So often we think diets are the answer to our weight loss and for some the key to happiness. For Marie, a diet at age 10 was the gateway to an eating disorder. As one of 10 children in her house, Marie’s life was not like those around her; she felt like the weird girl who didn’t fit in with anyone. She was bullied because of her weight and thought she could control it through the diets her mom used. By age 13 she restricted food, and by age 15 a traumatic experience dangerously escalated her disordered eating habits.
When Marie got to college, her life became out of control. She shares, “Restricting became my only friend. The only thing I could lean on. If I wasn’t thinking about restricting, then I was thinking about things I didn’t want to think about.” Friends watched as she spiraled down the dangerous path of an eating disorder, and they intervened to get her some help.
Marie first went into residential treatment, but after her weight was restored, she was sent home. She lacked treatment for the causes of her eating disorder. “I know I needed help, and I know I needed help coping with my negative emotions. An eating disorder is so much more than weight and food. There are words and actions that I needed help dealing with.” After she returned home, Marie relapsed, and her eating disorder continued. Her family was supportive, but coming from a big family made it difficult for others to see her struggle with anorexia. She kept them at a distance so she could be alone.

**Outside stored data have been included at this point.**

-- ===== src/Controller/Frames/Chains.antt =====
-- A chain of two methods, by the cases of the result of the first.
use fork_kustomize_controlle.Prelude.{Bool, true, false, if◌then◌else◌, ◌≡◌, refl}
use fork_kustomize_controlle.Errors.{Err, Result, ok, err}
use fork_kustomize_controlle.Controller.{State, Exec, continue, ◌>>=◌, ◌>>◌}

module _ {A B : Type 0} (Q : Result B × State → Type 0) where
  continue_cases :
      (r : Result A) (f : A → Exec B) (s : State)
      → ((e : Err) → r ≡ err e → Q (err e, s))
      → ((a : A) → r ≡ ok a → Q (f a s))
      → Q (continue r f s)
  continue_cases (ok a) f s ke kf = kf a refl
  continue_cases (err e) f s ke kf = ke e refl

  pub bind_cases :
      (m : Exec A) (f : A → Exec B) (s : State)
      → ((e : Err) → (m s).0 ≡ err e → Q (err e, (m s).1))
      → ((a : A) → (m s).0 ≡ ok a → Q (f a (m s).1))
      → Q ((m >>= f) s)
  unfolding ◌>>=◌
  bind_cases m f s ke kf = continue_cases (m s).0 f (m s).1 ke kf

  pub then_cases :
      (m : Exec A) (k : Exec B) (s : State)
      → ((e : Err) → (m s).0 ≡ err e → Q (err e, (m s).1))
      → ((a : A) → (m s).0 ≡ ok a → Q (k (m s).1))
      → Q ((m >> k) s)
  unfolding ◌>>◌
  then_cases m k s ke kf = bind_cases m (λ a. k) s ke kf

pub if_cases :
    {B : Type 0} (Q : Result B × State → Type 0) (b : Bool) (m n : Exec B) (s : State)
    → (b ≡ true → Q (m s))
    → (b ≡ false → Q (n s))
    → Q ((if b then m else n) s)
if_cases Q true m n s km kn = km refl
if_cases Q false m n s km kn = kn refl

-- A predicate on the state that depends on whether the method returned an error.
abbrev pub ByResult : {A : Type 0} → (State → Type 0) → (State → Type 0) → Result A × State → Type 0
ByResult E S (err e, s) = E s
ByResult E S (ok a, s) = S s

pub at_err :
    {A : Type 0} (E S : State → Type 0) (p : Result A × State) (e : Err)
    → ByResult E S p
    → p.0 ≡ err e
    → E p.1
at_err E S (err x, s) e h q = h
at_err E S (ok a, s) e h q = cc

pub at_ok :
    {A : Type 0} (E S : State → Type 0) (p : Result A × State) (a : A)
    → ByResult E S p
    → p.0 ≡ ok a
    → S p.1
at_ok E S (err x, s) a h q = cc
at_ok E S (ok x, s) a h q = h
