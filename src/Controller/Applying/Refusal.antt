-- ===== src/Controller/Applying/Refusal.antt =====
-- What `apply` refuses.
use fork_kustomize_controlle.Prelude.{
  String, Bool, true, false, List, [], ◌∷◌, ◌≡◌, refl, ◌∙◌, any, Bool-cases, inl, inr,
}
use fork_kustomize_controlle.Errors.{Err, Result, ok, err}
use fork_kustomize_controlle.Objects.{Unstructured}
use fork_kustomize_controlle.Controller.{Reconciler, Env, State, get_obj, lift, ◌>>=◌, ◌>>◌}
use fork_kustomize_controlle.Controller.Frames.Chains.{}
use fork_kustomize_controlle.Controller.Applying.{
  is_refused, refuse_encrypted, apply, with_common_metadata,
}

module _ (r : Reconciler) (env : Env) where
  is_err : Result (Unit {0}) → Bool
  is_err (ok u) = false
  is_err (err e) = true

  is_err-refuse_encrypted :
      (us : List Unstructured) → is_err (refuse_encrypted r env us) ≡ any (is_refused env) us
  unfolding refuse_encrypted is_err
  is_err-refuse_encrypted [] = refl
  is_err-refuse_encrypted (u ∷ us) = elim (Bool-cases (is_refused env u)) [
    | inl refused ↦ rw refused refl
    | inr fine ↦ rw fine (is_err-refuse_encrypted us)
  ]

  eq-err : (x : Result (Unit {0})) → is_err x ≡ true → (e : Err) × (x ≡ err e)
  unfolding is_err
  eq-err (ok u) h = cc
  eq-err (err e) h = (e, refl)

  -- If some object that `apply` is about to apply is an encrypted Secret whose decryption is not
  -- disabled, it returns an error, and neither the Kustomization nor the cluster has changed.
  pub apply_refuses :
      (revision origin_revision : String) (us normal : List Unstructured) (s : State)
      → env.normalize us ≡ ok normal
      → any (is_refused env) (with_common_metadata r env s.obj.spec.common_metadata normal) ≡ true
      → (e : Err) × (apply r env revision origin_revision us s ≡ (err e, s))
  unfolding apply ◌>>=◌ ◌>>◌ get_obj lift
  apply_refuses revision origin_revision us normal s n h =
      let (e, eq) = eq-err _ (is_err-refuse_encrypted _ ∙ h) in (e, rw (n, eq) refl)
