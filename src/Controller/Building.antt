-- ===== src/Controller/Building.antt =====
-- What `build` does with each resource of the overlay.
use fork_kustomize_controlle.Prelude.{
  String, Bool, ◌||◌, Option, none, some, List, [], ◌∷◌, ◌==◌, is_some, if◌then◌else◌,
}
use fork_kustomize_controlle.Errors.{Err, sprintf₁, sprintf₂, Result, ok, err, ◌>>=◌, wrapf, errorf}
use fork_kustomize_controlle.Api.{Kustomization, substitute_strategy_always}
use fork_kustomize_controlle.Api.Defaults.{get_substitute_strategy}
use fork_kustomize_controlle.Controller.{Reconciler, Resource, Env}

module _ (r : Reconciler) (env : Env) where
  abbrev replaced : Option Err → Resource → Result Resource
  replaced none res = ok res
  replaced (some e) res = err e

  -- What a step returns, with the resource kept where the result is nil.
  abbrev replace_with : Resource → Option Resource → Result Resource
  replace_with old none = ok old
  replace_with old (some new) = replaced (env.replace new) new

  abbrev failed_at {ℓ} : {A : Type ℓ} → String → Resource → Result A → Result A
  failed_at f res (ok a) = ok a
  failed_at f res (err e) = err (wrapf (sprintf₂ f res.kind res.name) e)

  -- Resources are decrypted before their final YAML is made.
  unfoldable pub decrypt_step : Kustomization → Resource → Result Resource
  decrypt_step obj res =
      if is_some obj.spec.decryption
      then (do
        out ← failed_at "decryption failed for '%s/%s': %w" res (env.decrypt_resource obj res)
        replace_with res out)
      else ok res

  unfoldable pub substitute_step : Kustomization → Resource → Result Resource
  unfolding get_substitute_strategy
  substitute_step obj res =
      let always = get_substitute_strategy obj == substitute_strategy_always in
      if is_some obj.spec.post_build
      then (do
        out ←
            failed_at "post build failed for '%s/%s': %w" res
              (env.substitute_variables obj r.strict_substitutions always res)
        replace_with res out)
      else ok res

  -- A resource without a name, a kind or an API version.
  abbrev pub is_malformed : Resource → Bool
  is_malformed res = res.name == "" || (res.kind == "" || res.api_version == "")

  -- The body of the loop over the resources.
  unfoldable pub build_resource : Kustomization → Resource → Result Resource
  unfolding decrypt_step substitute_step
  build_resource obj res =
      if is_malformed res
      then err (
          errorf
            (sprintf₁ "failed to decode Kubernetes apiVersion, kind and name from: %v" res.content))
      else (do plain ← decrypt_step obj res; substitute_step obj plain)

  unfoldable pub build_resources : Kustomization → List Resource → Result (List Resource)
  build_resources obj [] = ok []
  build_resources obj (res ∷ rest) = do
    res' ← build_resource obj res
    rest' ← build_resources obj rest
    ok (res' ∷ rest')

She knew she needed help to overcome her eating disorder, somewhere that would treat the cause of her disordered behavior. For Marie, that place was Magnolia Creek. Sometimes our struggles in life seem to be more than we can bear, that held true for Marie. Just four days before she was to leave for Magnolia Creek, she was involved in a severe car accident, one that should have ended her life. She remembers the paramedics telling her she must have had a purpose in life and a higher power was indeed trying to tell her something.
“I went to Magnolia Creek broken and bruised mentally, physically, spiritually, and emotionally. I wanted help and knew I needed help, even in the condition I was in, I knew I needed this place.”
Was Magnolia Creek something different?
When she arrived at Magnolia Creek, she met with Dietitian, Lucy Abruscato, who knew she was in the right place to fully recover. “When I met with my treatment team, I knew there was something different about this place. I instantly felt like I was cared for, understood, and listened too. Nobody judged me.” Magnolia Creek instills a sense of hope and empowerment by partnering with clients to be an active participant in their treatment. Marie immediately saw that she was in a supportive atmosphere designed to help her find a renewed hope and recover her life.
Marie will tell you that her eating disorder was stubborn, but she knew she was supposed to heal, “I was saved from death. I knew I had to put in the work, surrender to the process, and do what they were telling me to do. I had to put my whole heart into it. When things got tough, I knew I was on the right path.”
For six months, Marie worked hard to recover from anorexia. When times were hard, she worked harder. She knew she was onto something. Creative Arts was helpful in allowing Marie to express herself in ways she never thought she could. She learned her eating disorder did not define her.
The Family Program at Magnolia Creek also helped to bring her family closer. The Family Workshop is a two-day, intensive program that provides eating disorder education, communication, and boundary setting techniques, interactive groups, and family therapy sessions. For Marie, this workshop provided an opportunity for her parents and siblings to come and understand how her eating disorder not only affected her but her family. They learned what motivated Marie and through activities such as affirmations and amends, they stimulated discussions and conflict resolution.
Life After Magnolia Creek
Marie came to Magnolia Creek broken, ashamed, and feeling worthless, “I never believed I was pretty or worth anything, but that changed. Self-awareness can be so scary; it can be used to spiral or to look at yourself and say, ‘ok what do we do about this.'” Daily self-affirmations helped her understand she didn’t need to be ashamed. Today she believes what she wrote. She knows she is worth something, “I want to be my best friend. No one knows what I need to hear better than I do.”
During one of her final visits with Primary Therapist, Leah Riley, they discussed her next steps. She told Leah she knew she had to go into the world and find her purpose. She set goals and is ready to do what she wants to do. Marie is ready to rebuild her life.
“I came to Magnolia Creek not knowing my purpose, so I didn’t believe I had one. Today that has changed. Even though I don’t know what my purpose is, I believe that I have one, and it is going to be a grand adventure to find out what it is!”